Assets €1.158 trillion

Liabilities €1.106 trillion

Equity €52.1 billion

— Here’s how it works. A write down in the value of its assets must be matched by a write down in the value of the equity. If the value of the banks assets fell by just 5 per cent, all the equity would be wiped out and the bank would be insolvent. This just goes to show how highly leveraged European banks are.

— Actually the bank’s assets have probably already fallen by 5 per cent. Luckily, it’s not required to ‘mark its assets to market’. Banks aren’t allowed to fail remember?

— Société Générale’s current market capitalization is just €14 billion. This is what investors think the bank’s equity value is worth. It will probably prove optimistic.

— This is where a recapitalization comes in. The Euro bailout fund, the EFSF, will contribute funds to banks in need of new equity capital. This should take the form of ‘preferred equity’, which will rank above existing equity when it comes to absorbing write-downs. That way anyone punting on European bank shares will take a hit before new taxpayer funds do.

— If all the bad sovereign debt in the system is really purged (which it won’t be, but bear with us) most of the existing equity holders will be wiped out. The pie-in-the-sky plan would then be for the preferred equity to convert to ordinary equity. Once this whole debt crisis thing blows over, say by Christmas*, the taxpayers would sell out for a profit, proving the eurocrats’ plan to be pure genius.

— There’s no harm in dreaming of course, but it won’t work out that way. There will be squabbling about which banks receive capital and how much is actually needed.
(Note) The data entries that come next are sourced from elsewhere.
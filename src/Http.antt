-- ===== src/Http.antt =====
-- http/protocol.h and http/client.h: the messages and the methods. The children model the parser of
-- responses, the client, and the implementation over a socket.
pub mod Scan
pub mod Response
pub mod Messages
pub mod Parsing
pub mod Client
pub mod Request
pub mod Exchange
pub mod Curl
pub mod Chunks
pub mod OneBlock
pub mod Answered
pub mod Order
pub mod Objects
pub mod Headers
mod Tests
use libcoda_net.Base.{ℕ, [], Bytes, ascii, Dict}

abbrev pub max_url_len : ℕ
max_url_len = 2000

abbrev pub version_1_1 : Bytes
version_1_1 = ascii "1.1"

pub data Method : Type 0 where
  options head get post put delete connect trace : Method

abbrev pub method_name : Method → Bytes
method_name options = ascii "OPTIONS"
method_name head = ascii "HEAD"
method_name get = ascii "GET"
method_name post = ascii "POST"
method_name put = ascii "PUT"
method_name delete = ascii "DELETE"
method_name connect = ascii "CONNECT"
method_name trace = ascii "TRACE"

-- The members that a request and a response share.
pub record Transfer : Type 0 where
  pub content : Bytes
  pub headers : Dict
  pub version : Bytes

abbrev pub transfer : Transfer
transfer = record { content = []; headers = []; version = version_1_1 }
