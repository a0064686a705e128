-- ===== src/Lib.antt =====
-- Verification of DebianForm's scheduler, recorded state and engine.
--
-- The program reads a configuration, merges it into host specifications, compiles these into a
-- resource graph, plans the changes against the recorded state of every host, and applies the plan
-- over SSH. The core that is modelled here starts at the graph.
--
-- In internal/core/graph: a graph is a list of nodes and of operations that depend on one another
-- (Graph.antt). schedule.go builds the table of entries (Graph/Schedule.antt, scheduleEntries),
-- looks for a cycle by a depth-first search (Graph/Acyclic.antt, validateAcyclic) and sorts the
-- entries into waves (Graph/Kahn.antt for the loop over the indegrees, Graph/Waves.antt for
-- scheduleWavesWithAliases, Validate, Waves, ActiveWaves and TopologicalSort).
--
-- The dependencies that a configuration declares (Graph/Dependencies.antt):
-- applyExplicitDependencies of graph_dependencies.go, and the artifact references of
-- internal/core/merge/resource_dependencies.go.
--
-- In internal/core/state: the recorded state of a host (State.antt for state.go, State/Moves.antt
-- and State/Moves/Resolve.antt for moved.go).
--
-- In internal/core/engine/engine.go: Compare (Engine/Compare.antt), the orphans in the state
-- (Engine/Orphans.antt), the operations that changes trigger (Engine/Operations.antt), the plan
-- (Engine/Planning.antt), the order of execution (Engine/Order.antt, which uses the scheduler),
-- the run of the waves (Engine/Execution.antt), what a resource step leaves in the state
-- (Engine/Apply.antt), and the whole step (Engine/Stepping.antt).
-- What an operation records is Engine/Outputs.antt, with executeItem. internal/core/engine/memory.go
-- is Engine/Memory.antt.
--
-- Around a plan and its execution: the pool of workers over the hosts (Engine/Hosts.antt, runHosts,
-- with boundedHostParallel of internal/core/engine/facts.go), the locks of the hosts
-- (Engine/Locks.antt; Engine/Locks/InMemory.antt shows that the in-memory backend is as the
-- interface asks), and the states that the execution starts with (Engine/Preparation.antt, and
-- Ir/Platform.antt for internal/core/ir/platform.go). The choices of the threads in the pool are a
-- list of events, and the theorems are about every list.
--
-- In internal/core/plan/diff.go: the hunks of a text (Plan/Hunks.antt).
--
-- In internal/core/ir/types.go: the records of Ir.antt. Base.antt and the files under it hold texts,
-- counting, sorting, maps and results; Value.antt has the attributes of a resource.
--
-- A text is its list of bytes, a Go map is an association list, and `any` is a value of
-- Value.antt. Where Go goes through a map in an arbitrary order, the model goes through the list in
-- its order, and the theorems are about every list. An error is its kind with what its message
-- names. Numbers are natural numbers; the ones that the code counts with are bounded by the lengths
-- of lists in memory. The serial of a state is the 64 bits of a Go int and wraps.
--
-- Fuel: the depth-first search has one more than the number of entries, which bounds the length of
-- its stack; the loop over the waves has one more than the number of addresses, since every round
-- emits one; the chains of moves have one more than the number of moves.
--
-- Parameters: SHA-256 and the JSON encoder (State.Hashing), the JSON decoder, `strconv.Quote`, the
-- clock, and in Engine/Execution.antt the execution of one item and the order in which the items
-- of a wave take effect. In Engine/Stepping.antt, Engine/Outputs.antt and Engine/Preparation.antt,
-- the provider and the backend. In Engine/Locks.antt, the backend's locks with the laws that the
-- engine relies on, and what the lease monitor has recorded.
--
-- Not modelled: the parser, the rest of the merge, the compilation of host specifications to
-- nodes, the providers, the SSH backend with the threads of its leases, the rest of the plan
-- document, the progress log and the command line. They are input and output, or stand on libraries
-- that are not part of the repository.
pub mod Base
pub mod Value
pub mod Ir
pub mod Graph
pub mod State
pub mod Engine
pub mod Plan
pub mod Tests
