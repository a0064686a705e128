-- ===== src/Base/Count.antt =====
-- How often a string stands in a list: membership and permutations by counting.
use Prim.Native.Nat.{ℕ, suc, ◌+◌, ◌≤◌, ◌<◌}
use mathlib.Core.Path.{◌≡◌, refl}
use mathlib.Core.Bool.{Bool, true, false, ◌||◌}
use mathlib.Core.List.{List, [], ◌∷◌, ◌++◌}
use native.Mathlib.Omega.{arith}
use debianform.Base.Tests.{if◌then◌else◌}
use debianform.Base.Strings.{Text, text_eq, text_eq_refl}

unfoldable pub count : Text → List Text → ℕ
count a [] = 0
count a (x ∷ xs) = if text_eq x a then suc (count a xs) else count a xs

pub count-nil : (a : Text) → count a [] ≡ 0
unfolding count
count-nil a = refl

pub count-append : (a : Text) (xs ys : List Text) → count a (xs ++ ys) ≡ count a xs + count a ys
unfolding count
count-append a [] ys = omega arith
count-append a (x ∷ xs) ys = ground (arith, count-append a xs ys)

pub count-cons_self : (a : Text) (xs : List Text) → count a (a ∷ xs) ≡ suc (count a xs)
unfolding count
count-cons_self a xs = ground (arith, text_eq_refl a)

-- `slices.Contains`, or a key of a `map[string]bool` used as a set.
unfoldable pub contains : List Text → Text → Bool
contains [] a = false
contains (x ∷ xs) a = text_eq x a || contains xs a

pub contains-true : (a : Text) (xs : List Text) → contains xs a ≡ true → 0 < count a xs
unfolding contains count
contains-true a [] h = ground arith
contains-true a (x ∷ xs) h = ground (arith, contains-true a xs)

pub contains-false : (a : Text) (xs : List Text) → contains xs a ≡ false → count a xs ≡ 0
unfolding contains count
contains-false a [] h = refl
contains-false a (x ∷ xs) h = ground (arith, contains-false a xs)

-- The list holds no string twice.
abbrev pub IsDistinct : List Text → Type 0
IsDistinct xs = (a : Text) → count a xs ≤ 1

-- Two lists hold the same strings, as often.
abbrev pub SameItems : List Text → List Text → Type 0
SameItems xs ys = (a : Text) → count a xs ≡ count a ys
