-- ===== src/Base/Sort.antt =====
-- `sort.SliceStable`: the stable sort by a comparison, as an insertion from the right.
use Prim.Native.Nat.{suc}
use mathlib.Core.Path.{◌≡◌, refl, ap}
use mathlib.Core.Bool.{Bool}
use mathlib.Core.List.{List, [], ◌∷◌, map}
use native.Mathlib.Omega.{arith}
use debianform.Base.Tests.{if◌then◌else◌, length}
use debianform.Base.Strings.{Text, text_lt}
use debianform.Base.Count.{count}

module _ {ℓ} {A : Type ℓ} (less : A → A → Bool) where
  unfoldable pub place : A → List A → List A
  place x [] = x ∷ []
  place x (y ∷ ys) = if less y x then y ∷ place x ys else x ∷ y ∷ ys

  unfoldable pub sort_stable : List A → List A
  unfolding place
  sort_stable [] = []
  sort_stable (x ∷ xs) = place x (sort_stable xs)

  pub length-place : (x : A) (ys : List A) → length (place x ys) ≡ suc (length ys)
  unfolding place
  length-place x [] = refl
  length-place x (y ∷ ys) = ground (arith, length-place x ys)

  pub length-sort_stable : (xs : List A) → length (sort_stable xs) ≡ length xs
  unfolding sort_stable
  length-sort_stable [] = refl
  length-sort_stable (x ∷ xs) =
      omega (arith, length-place x (sort_stable xs), length-sort_stable xs)

module _ {ℓ} {A : Type ℓ} (less : A → A → Bool) (key : A → Text) where
  count-map-place :
      (a : Text) (x : A) (ys : List A)
      → count a (map key (place less x ys)) ≡ count a (map key (x ∷ ys))
  unfolding place count
  count-map-place a x [] = refl
  count-map-place a x (y ∷ ys) = ground (arith, count-map-place a x ys)

  -- Sorting neither loses nor adds an element, as far as its key tells.
  pub count-map-sort_stable :
      (a : Text) (xs : List A) → count a (map key (sort_stable less xs)) ≡ count a (map key xs)
  unfolding sort_stable count
  count-map-sort_stable a [] = refl
  count-map-sort_stable a (x ∷ xs) =
      ground (arith, count-map-place a x (sort_stable less xs), count-map-sort_stable a xs)

map_id : (xs : List Text) → map (λ x. x) xs ≡ xs
map_id [] = refl
map_id (x ∷ xs) = ap (λ (l : List Text). x ∷ l) (map_id xs)

-- Sorting neither loses nor adds a string.
pub count-sort_stable :
    (less : Text → Text → Bool) (a : Text) (xs : List Text)
    → count a (sort_stable less xs) ≡ count a xs
count-sort_stable less a xs =
    rw (map_id (sort_stable less xs), map_id xs) at (count-map-sort_stable less (λ x. x) a xs)

-- `sort.Strings`
unfoldable pub sort_strings : List Text → List Text
unfolding sort_stable
sort_strings xs = sort_stable text_lt xs
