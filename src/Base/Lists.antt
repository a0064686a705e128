-- ===== src/Base/Lists.antt =====
-- Parts of a list, by native numbers.
use Prim.Native.Nat.{ℕ, zero, suc, ◌+◌, ◌-◌, ◌≤◌}
use mathlib.Core.Path.{◌≡◌, refl, ◌∙◌}
use mathlib.Core.Logic.{inl, inr, ◌⊎◌}
use mathlib.Core.List.{List, [], ◌∷◌, ◌++◌}
use native.Mathlib.Omega.{arith}
use debianform.Base.Tests.{length, length-append}

unfoldable pub take : {A : Type 0} → ℕ → List A → List A
take zero xs = []
take (suc n) [] = []
take (suc n) (x ∷ xs) = x ∷ take n xs

unfoldable pub drop : {A : Type 0} → ℕ → List A → List A
drop zero xs = xs
drop (suc n) [] = []
drop (suc n) (x ∷ xs) = drop n xs

unfoldable pub reversed : {A : Type 0} → List A → List A
reversed [] = []
reversed (x ∷ xs) = reversed xs ++ x ∷ []

module _ {A : Type 0} where
  pub take-append-drop : (n : ℕ) (xs : List A) → take n xs ++ drop n xs ≡ xs
  unfolding take drop
  take-append-drop zero xs = refl
  take-append-drop (suc n) [] = refl
  take-append-drop (suc n) (x ∷ xs) = cc (take-append-drop n xs)

  drop_empty : (m : ℕ) (xs : List A) → xs ≡ [] → drop m xs ≡ []
  unfolding drop
  drop_empty zero xs e = e
  drop_empty (suc m) xs e = rw e refl

  pub drop-drop : (m n : ℕ) (xs : List A) → drop m (drop n xs) ≡ drop (n + m) xs
  unfolding drop
  drop-drop m zero xs = let same : 0 + m ≡ m = omega arith in rw same refl
  drop-drop m (suc n) [] =
      let next : suc n + m ≡ suc (n + m) = omega arith in rw next (drop_empty m [] refl)
  drop-drop m (suc n) (x ∷ xs) =
      let next : suc n + m ≡ suc (n + m) = omega arith in rw next (drop-drop m n xs)

  pub length-take : (n : ℕ) (xs : List A) → n ≤ length xs → length (take n xs) ≡ n
  unfolding take
  length-take zero xs h = refl
  length-take (suc n) [] h = absurd (omega (arith, h))
  length-take (suc n) (x ∷ xs) h = omega (arith, length-take n xs (omega (arith, h)))

  pub length-reversed : (xs : List A) → length (reversed xs) ≡ length xs
  unfolding reversed
  length-reversed [] = refl
  length-reversed (x ∷ xs) = omega (arith, length-append (reversed xs) (x ∷ []), length-reversed xs)

  reversed-append_one : (xs : List A) (x : A) → reversed (xs ++ x ∷ []) ≡ x ∷ reversed xs
  unfolding reversed
  reversed-append_one [] x = refl
  reversed-append_one (y ∷ xs) x = cc (reversed-append_one xs x)

  pub reversed-reversed : (xs : List A) → reversed (reversed xs) ≡ xs
  unfolding reversed
  reversed-reversed [] = refl
  reversed-reversed (x ∷ xs) = cc (reversed-append_one (reversed xs) x, reversed-reversed xs)

  take-append_short : (n : ℕ) (xs ys : List A) → n ≤ length xs → take n (xs ++ ys) ≡ take n xs
  unfolding take
  take-append_short zero xs ys h = refl
  take-append_short (suc n) [] ys h = absurd (omega (arith, h))
  take-append_short (suc n) (x ∷ xs) ys h = cc (take-append_short n xs ys (omega (arith, h)))

  pub take_all : (n : ℕ) (xs : List A) → length xs ≤ n → take n xs ≡ xs
  unfolding take
  take_all zero [] h = refl
  take_all (suc n) [] h = refl
  take_all zero (x ∷ xs) h = absurd (omega (arith, h))
  take_all (suc n) (x ∷ xs) h = cc (take_all n xs (omega (arith, h)))

  short_or_all :
      (n : ℕ) (xs : List A)
      → ((n ≤ length xs) × (suc (length xs) - n ≡ suc (length xs - n)))
        ⊎ ((suc (length xs) ≤ n) × (suc (length xs) - n ≡ 0))
  short_or_all n xs = ground arith

  -- The first items of the reversed list are the last ones.
  pub take-reversed :
      (n : ℕ) (xs : List A) → take n (reversed xs) ≡ reversed (drop (length xs - n) xs)
  unfolding reversed drop
  take-reversed n [] =
      let nothing : 0 - n ≡ 0 = omega arith in rw nothing (take_all n [] (omega arith))
  take-reversed n (x ∷ xs) = elim (short_or_all n xs) [
    | inl (short, one_more) ↦ rw one_more (
        take-append_short n (reversed xs) (x ∷ []) (omega (arith, short, length-reversed xs))
        ∙ take-reversed n xs)
    | inr (all, nothing) ↦ rw nothing (
        take_all n (reversed xs ++ x ∷ [])
          (omega (arith, all, length-append (reversed xs) (x ∷ []), length-reversed xs)))
  ]
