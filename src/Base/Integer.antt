-- ===== src/Base/Integer.antt =====
-- Go's signed integers, as values that are stored and compared. `negsuc n` is -(n + 1).
use Prim.Native.Nat.{ℕ}

pub data ℤ : Type 0 where
  pos : ℕ → ℤ
  negsuc : ℕ → ℤ
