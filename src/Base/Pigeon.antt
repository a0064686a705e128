-- ===== src/Base/Pigeon.antt =====
-- Lists that hold no more of each string than another list are no longer than it.
use Prim.Native.Nat.{suc, ◌-◌, ◌≤◌, ◌<◌}
use mathlib.Core.Path.{◌≡◌, refl}
use mathlib.Core.List.{List, [], ◌∷◌}
use native.Mathlib.Omega.{arith}
use debianform.Base.Tests.{if◌then◌else◌, length}
use debianform.Base.Strings.{Text, text_eq, text_eq_iff, text_eq_refl}
use debianform.Base.Count.{count, SameItems}

-- The list without the first `a`.
erase : Text → List Text → List Text
erase a [] = []
erase a (x ∷ xs) = if text_eq x a then xs else x ∷ erase a xs

length-erase : (a : Text) (xs : List Text) → 0 < count a xs → suc (length (erase a xs)) ≡ length xs
unfolding erase count
length-erase a [] h = absurd (omega arith)
length-erase a (x ∷ xs) h = ground (arith, length-erase a xs)

count-erase :
    (a b : Text) (xs : List Text)
    → count b (erase a xs) ≡ (if text_eq a b then count b xs - 1 else count b xs)
unfolding erase count
count-erase a b [] = ground arith
count-erase a b (x ∷ xs) =
    ground (arith, text_eq_iff a b, text_eq_iff x a, text_eq_iff x b, count-erase a b xs)

pub length-le_of_count :
    (xs ys : List Text) → ((a : Text) → count a xs ≤ count a ys) → length xs ≤ length ys
unfolding count
length-le_of_count [] ys h = omega arith
length-le_of_count (x ∷ xs) ys h =
    let in_ys : 0 < count x ys = ground (arith, h x, text_eq_refl x) in
    omega (
      arith,
      length-erase x ys in_ys,
      length-le_of_count xs (erase x ys)
          (λ a. ground (arith, h a, count-erase x a ys, text_eq_iff x a)),
    )

-- With the same length besides, the lists hold the same strings.
pub SameItems-length :
    (xs ys : List Text)
    → ((a : Text) → count a xs ≤ count a ys)
    → length ys ≤ length xs
    → SameItems xs ys
unfolding count
SameItems-length [] [] h l a = refl
SameItems-length [] (y ∷ ys) h l a = absurd (omega arith)
SameItems-length (x ∷ xs) ys h l a =
    let in_ys : 0 < count x ys = ground (arith, h x, text_eq_refl x) in
    let rest =
      SameItems-length xs (erase x ys)
        (λ b. ground (arith, h b, count-erase x b ys, text_eq_iff x b))
        (omega (arith, length-erase x ys in_ys)) a in
    ground (arith, rest, count-erase x a ys, text_eq_iff x a, h a, in_ys)
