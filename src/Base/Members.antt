-- ===== src/Base/Members.antt =====
-- Membership of an item in a list, with the place where it stands.
use Prim.Native.Nat.{◌<◌}
use mathlib.Core.Path.{◌≡◌, refl}
use mathlib.Core.Logic.{◌⊎◌, inl, inr}
use mathlib.Core.Bool.{Bool, true, false}
use mathlib.Core.List.{List, [], ◌∷◌, ◌++◌, map}
use native.Mathlib.Omega.{arith}
use debianform.Base.Strings.{Text, text_eq_iff}
use debianform.Base.Count.{count}
use debianform.Base.Sort.{place, sort_stable}

module _ {A : Type 0} where
  abbrev pub Among : A → List A → Type 0
  Among item [] = ⊥
  Among item (other ∷ items) = (item ≡ other) ⊎ Among item items

  pub Among-append :
      (item : A) (xs ys : List A) → Among item (xs ++ ys) → Among item xs ⊎ Among item ys
  Among-append item [] ys h = inr h
  Among-append item (x ∷ xs) ys (inl same) = inl (inl same)
  Among-append item (x ∷ xs) ys (inr h) = elim (Among-append item xs ys h) [
    | inl i ↦ inl (inr i)
    | inr i ↦ inr i
  ]

  pub Among-left : (item : A) (xs ys : List A) → Among item xs → Among item (xs ++ ys)
  Among-left item [] ys h = absurd h
  Among-left item (x ∷ xs) ys (inl same) = inl same
  Among-left item (x ∷ xs) ys (inr h) = inr (Among-left item xs ys h)

  pub Among-right : (item : A) (xs ys : List A) → Among item ys → Among item (xs ++ ys)
  Among-right item [] ys h = h
  Among-right item (x ∷ xs) ys h = inr (Among-right item xs ys h)

  Among-place :
      (before : A → A → Bool) (item x : A) (xs : List A)
      → Among item (place before x xs)
      → (item ≡ x) ⊎ Among item xs
  unfolding place
  Among-place before item x [] h = h
  Among-place before item x (y ∷ ys) h = go (before y x) refl (λ i. Among-place before item x ys i)
    where
      go :
          (b : Bool)
          → before y x ≡ b
          → (Among item (place before x ys) → (item ≡ x) ⊎ Among item ys)
          → (item ≡ x) ⊎ Among item (y ∷ ys)
      go true e later = elim (rw (e, place) at h) [
        | inl same ↦ inr (inl same)
        | inr i ↦ elim (later i) [ inl same ↦ inl same | inr j ↦ inr (inr j) ]
      ]
      go false e later = rw (e, place) at h

  pub Among-sort_stable :
      (before : A → A → Bool) (item : A) (xs : List A)
      → Among item (sort_stable before xs)
      → Among item xs
  unfolding sort_stable
  Among-sort_stable before item [] h = h
  Among-sort_stable before item (x ∷ xs) h =
      elim (Among-place before item x (sort_stable before xs) h) [
        | inl same ↦ inl same
        | inr i ↦ inr (Among-sort_stable before item xs i)
      ]

pub Among-map :
    {A B : Type 0} (f : B → A) (item : A) (xs : List B)
    → Among item (map f xs)
    → (x : B) × (item ≡ f x) × Among x xs
Among-map f item [] h = absurd h
Among-map f item (y ∷ ys) (inl same) = (y, same, inl refl)
Among-map f item (y ∷ ys) (inr h) = let (x, same, i) = Among-map f item ys h in (x, same, inr i)

pub count_of_Among : (x : Text) (xs : List Text) → Among x xs → 0 < count x xs
unfolding count
count_of_Among x [] h = absurd h
count_of_Among x (y ∷ ys) (inl same) = ground (arith, text_eq_iff y x)
count_of_Among x (y ∷ ys) (inr h) = ground (arith, count_of_Among x ys h)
If estimates of €200 billion are correct, the recapitalization plan will leave the EFSF just about empty, with no more funds to buy other struggling sovereign debt.

— And don’t forget, bad sovereign debt is the cause of the crisis. Insufficient bank capital is just a symptom of the problem. A Greek default still awaits.

— The Europeans are only just beginning to realize how big their problems are. So enjoy the rally, it won’t last for long.

* Remember in World War One the conventional European wisdom was the ‘it would be over by Christmas’. Christmas 1914 that is.